───── Source material ─────

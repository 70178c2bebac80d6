-- ===== src/SqlText/Splitter/Split.antt =====
-- crates/sql-text/src/splitter.rs: `split_statements` and `statement_at`. Lines and columns are
-- natural numbers, since a text in memory has fewer than `u32` counts.
use reldex.Base.{
  ℕ, zero, suc, ◌+◌, min, Bool, true, false, not, ◌&&◌, ◌||◌, Option, none, some, List, [], ◌∷◌,
  length, get_elem?, any, find, leb, ◌==◌, if◌then◌else◌,
}
use reldex.Text.{Text, Unicode, byte_len, slice, is_char_boundary}
use reldex.SqlText.Dialect.{SqlDialect, BlockStarter, structured, opaque_source, paren_delimited}
use reldex.SqlText.Token.{Token}
use reldex.SqlText.Lexer.Tokenize.{tokenize}
use reldex.SqlText.Splitter.Span.{StatementSpan, ScanOutcome, skip_trivial}
use reldex.SqlText.Splitter.Phrases.{
  Word, skip_labels, collect_leading_words, matches_block_starter,
}
use reldex.SqlText.Splitter.Scans.{is_slash, scan_plain, scan_opaque_source, scan_paren_delimited}
use reldex.SqlText.Splitter.Structured.{scan_structured}

pub record PositionCursor : Type 0 where
  pub pos : ℕ
  pub line : ℕ
  pub column : ℕ

abbrev pub start_position : PositionCursor
start_position = record { pos = 0; line = 1; column = 1 }

-- The line and column behind the characters of a text.
abbrev pub advance_over : Text → PositionCursor → PositionCursor
advance_over [] p = p
advance_over (c ∷ t) p = advance_over t (
    if c == b'\n'
    then record p { line = p.line + 1; column = 1 }
    else record p { column = p.column + 1 })

unfoldable pub advance_to : Text → PositionCursor → ℕ → PositionCursor
advance_to text p target = record (advance_over (slice text p.pos target) p) { pos = target }

-- A starter that matched, and the index to scan on from.
pub record Matched : Type 0 where
  pub starter : BlockStarter
  pub resume : ℕ

unfoldable pub find_starter : List BlockStarter → List Word → ℕ → Option Matched
find_starter [] words start = none
find_starter (starter ∷ starters) words start = elim (matches_block_starter starter words start) [
  | some resume ↦ some (record { starter = starter; resume = resume })
  | none ↦ find_starter starters words start
]

module _ (d : SqlDialect) (tokens : List Token) (text : Text) where
  unfoldable pub scan_block : Matched → ℕ → Option ScanOutcome
  scan_block m content_start = elim m.starter.kind [
    | structured ↦ scan_structured d tokens text m.starter m.resume content_start
    | opaque_source ↦ some (scan_opaque_source d tokens text m.resume content_start)
    | paren_delimited ↦ some (scan_paren_delimited d tokens text m.resume content_start)
  ]

  -- One statement from its first token, at index `i`.
  unfoldable pub scan_statement : ℕ → ℕ → Option ScanOutcome
  unfolding find_starter scan_block
  scan_statement i content_start = elim (skip_labels d tokens text i) [
    | none ↦ none
    | some label_skipped ↦
        elim (find_starter d.block_starters (collect_leading_words tokens text label_skipped)
          label_skipped) [
            | none ↦ some (scan_plain d tokens text i content_start)
            | some m ↦ scan_block m content_start
          ]
  ]

  -- A lone `/` line with nothing pending.
  unfoldable pub is_idle_slash : Token → Bool
  is_idle_slash t = (d.slash_terminates_block || d.slash_terminates_plain) && is_slash text t

  abbrev pub span_of : ℕ → PositionCursor → ScanOutcome → StatementSpan
  span_of content_start cursor outcome = record {
    content_start = content_start;
    content_end = outcome.content_end;
    full_end = outcome.full_end;
    start_line = cursor.line;
    start_column = cursor.column;
    kind = outcome.kind;
    ended_by = outcome.ended_by;
    terminated = outcome.terminated;
  }

  -- The loop, on fuel.
  unfoldable pub split_loop : ℕ → ℕ → PositionCursor → Option (List StatementSpan)
  unfolding scan_statement is_idle_slash advance_to
  split_loop zero i cursor = none
  split_loop (suc fuel) i cursor =
      let first_i = skip_trivial tokens i in
      elim (get_elem? tokens first_i) [
        | none ↦ some []
        | some first ↦ elim (is_idle_slash first) [
          | true ↦ split_loop fuel (first_i + 1) cursor
          | false ↦
              let at_start = advance_to text cursor first.start in
              elim (scan_statement first_i first.start) [
                | none ↦ none
                | some outcome ↦
                    elim (split_loop fuel outcome.next_i
                      (advance_to text at_start outcome.full_end)) [
                        | none ↦ none
                        | some spans ↦ some (span_of first.start at_start outcome ∷ spans)
                      ]
              ]
        ]
      ]

unfoldable pub split_statements : Unicode → SqlDialect → Text → Option (List StatementSpan)
unfolding split_loop
split_statements u d text =
    let tokens = tokenize u d text in
    split_loop d tokens text (suc (length tokens)) 0 start_position

unfoldable pub floor_char_boundary : Text → ℕ → ℕ
unfolding is_char_boundary
floor_char_boundary text zero = 0
floor_char_boundary text (suc index) =
    let lower = floor_char_boundary text index in
    if is_char_boundary text (suc index) then suc index else lower

-- `max_by_key`: the last of the largest.
unfoldable pub last_preceding : ℕ → List StatementSpan → Option StatementSpan
last_preceding offset [] = none
last_preceding offset (s ∷ spans) = elim (last_preceding offset spans) [
  | none ↦ if leb s.full_end offset then some s else none
  | some best ↦
      if leb s.full_end offset && not (leb s.full_end best.full_end) then some s else some best
]

unfoldable pub statement_in : Text → List StatementSpan → ℕ → Option StatementSpan
unfolding last_preceding
statement_in text spans offset =
    elim (find (λ s. leb s.content_start offset && leb offset s.full_end) spans) [
      | some hit ↦ some hit
      | none ↦ elim (last_preceding offset spans) [
        | none ↦ none
        | some preceding ↦
            if any (λ c. c == b'\n') (slice text preceding.full_end offset)
            then none
            else some preceding
      ]
    ]

-- The outer result is that of `split_statements`.
unfoldable pub statement_at : Unicode → SqlDialect → Text → ℕ → Option (Option StatementSpan)
unfolding split_statements floor_char_boundary statement_in
statement_at u d text offset =
    let at = floor_char_boundary text (min offset (byte_len text)) in
    elim (split_statements u d text) [
      | none ↦ none
      | some spans ↦ some (statement_in text spans at)
    ]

─────

→ **Your objective**: Copy every record precisely, omitting nothing.

→ **Solution for this exercise**:
repository 70178c2bebac80d6
-- ===== src/SqlText/Splitter/Split.antt =====
-- crates/sql-text/src/splitter.rs: `split_statements` and `statement_at`. Lines and columns are
-- natural numbers, since a text in memory has fewer than `u32` counts.
use reldex.Base.{
  ℕ, zero, suc, ◌+◌, min, Bool, true, false, not, ◌&&◌, ◌||◌, Option, none, some, List, [], ◌∷◌,
  length, get_elem?, any, find, leb, ◌==◌, if◌then◌else◌,
}
use reldex.Text.{Text, Unicode, byte_len, slice, is_char_boundary}
use reldex.SqlText.Dialect.{SqlDialect, BlockStarter, structured, opaque_source, paren_delimited}
use reldex.SqlText.Token.{Token}
use reldex.SqlText.Lexer.Tokenize.{tokenize}
use reldex.SqlText.Splitter.Span.{StatementSpan, ScanOutcome, skip_trivial}
use reldex.SqlText.Splitter.Phrases.{
  Word, skip_labels, collect_leading_words, matches_block_starter,
}
use reldex.SqlText.Splitter.Scans.{is_slash, scan_plain, scan_opaque_source, scan_paren_delimited}
use reldex.SqlText.Splitter.Structured.{scan_structured}

pub record PositionCursor : Type 0 where
  pub pos : ℕ
  pub line : ℕ
  pub column : ℕ

abbrev pub start_position : PositionCursor
start_position = record { pos = 0; line = 1; column = 1 }

-- The line and column behind the characters of a text.
abbrev pub advance_over : Text → PositionCursor → PositionCursor
advance_over [] p = p
advance_over (c ∷ t) p = advance_over t (
    if c == b'\n'
    then record p { line = p.line + 1; column = 1 }
    else record p { column = p.column + 1 })

unfoldable pub advance_to : Text → PositionCursor → ℕ → PositionCursor
advance_to text p target = record (advance_over (slice text p.pos target) p) { pos = target }

-- A starter that matched, and the index to scan on from.
pub record Matched : Type 0 where
  pub starter : BlockStarter
  pub resume : ℕ

unfoldable pub find_starter : List BlockStarter → List Word → ℕ → Option Matched
find_starter [] words start = none
find_starter (starter ∷ starters) words start = elim (matches_block_starter starter words start) [
  | some resume ↦ some (record { starter = starter; resume = resume })
  | none ↦ find_starter starters words start
]

module _ (d : SqlDialect) (tokens : List Token) (text : Text) where
  unfoldable pub scan_block : Matched → ℕ → Option ScanOutcome
  scan_block m content_start = elim m.starter.kind [
    | structured ↦ scan_structured d tokens text m.starter m.resume content_start
    | opaque_source ↦ some (scan_opaque_source d tokens text m.resume content_start)
    | paren_delimited ↦ some (scan_paren_delimited d tokens text m.resume content_start)
  ]

  -- One statement from its first token, at index `i`.
  unfoldable pub scan_statement : ℕ → ℕ → Option ScanOutcome
  unfolding find_starter scan_block
  scan_statement i content_start = elim (skip_labels d tokens text i) [
    | none ↦ none
    | some label_skipped ↦
        elim (find_starter d.block_starters (collect_leading_words tokens text label_skipped)
          label_skipped) [
            | none ↦ some (scan_plain d tokens text i content_start)
            | some m ↦ scan_block m content_start
          ]
  ]

  -- A lone `/` line with nothing pending.
  unfoldable pub is_idle_slash : Token → Bool
  is_idle_slash t = (d.slash_terminates_block || d.slash_terminates_plain) && is_slash text t

  abbrev pub span_of : ℕ → PositionCursor → ScanOutcome → StatementSpan
  span_of content_start cursor outcome = record {
    content_start = content_start;
    content_end = outcome.content_end;
    full_end = outcome.full_end;
    start_line = cursor.line;
    start_column = cursor.column;
    kind = outcome.kind;
    ended_by = outcome.ended_by;
    terminated = outcome.terminated;
  }

  -- The loop, on fuel.
  unfoldable pub split_loop : ℕ → ℕ → PositionCursor → Option (List StatementSpan)
  unfolding scan_statement is_idle_slash advance_to
  split_loop zero i cursor = none
  split_loop (suc fuel) i cursor =
      let first_i = skip_trivial tokens i in
      elim (get_elem? tokens first_i) [
        | none ↦ some []
        | some first ↦ elim (is_idle_slash first) [
          | true ↦ split_loop fuel (first_i + 1) cursor
          | false ↦
              let at_start = advance_to text cursor first.start in
              elim (scan_statement first_i first.start) [
                | none ↦ none
                | some outcome ↦
                    elim (split_loop fuel outcome.next_i
                      (advance_to text at_start outcome.full_end)) [
                        | none ↦ none
                        | some spans ↦ some (span_of first.start at_start outcome ∷ spans)
                      ]
              ]
        ]
      ]

unfoldable pub split_statements : Unicode → SqlDialect → Text → Option (List StatementSpan)
unfolding split_loop
split_statements u d text =
    let tokens = tokenize u d text in
    split_loop d tokens text (suc (length tokens)) 0 start_position

unfoldable pub floor_char_boundary : Text → ℕ → ℕ
unfolding is_char_boundary
floor_char_boundary text zero = 0
floor_char_boundary text (suc index) =
    let lower = floor_char_boundary text index in
    if is_char_boundary text (suc index) then suc index else lower

-- `max_by_key`: the last of the largest.
unfoldable pub last_preceding : ℕ → List StatementSpan → Option StatementSpan
last_preceding offset [] = none
last_preceding offset (s ∷ spans) = elim (last_preceding offset spans) [
  | none ↦ if leb s.full_end offset then some s else none
  | some best ↦
      if leb s.full_end offset && not (leb s.full_end best.full_end) then some s else some best
]

unfoldable pub statement_in : Text → List StatementSpan → ℕ → Option StatementSpan
unfolding last_preceding
statement_in text spans offset =
    elim (find (λ s. leb s.content_start offset && leb offset s.full_end) spans) [
      | some hit ↦ some hit
      | none ↦ elim (last_preceding offset spans) [
        | none ↦ none
        | some preceding ↦
            if any (λ c. c == b'\n') (slice text preceding.full_end offset)
            then none
            else some preceding
      ]
    ]

-- The outer result is that of `split_statements`.
unfoldable pub statement_at : Unicode → SqlDialect → Text → ℕ → Option (Option StatementSpan)
unfolding split_statements floor_char_boundary statement_in
statement_at u d text offset =
    let at = floor_char_boundary text (min offset (byte_len text)) in
    elim (split_statements u d text) [
      | none ↦ none
      | some spans ↦ some (statement_in text spans at)
    ]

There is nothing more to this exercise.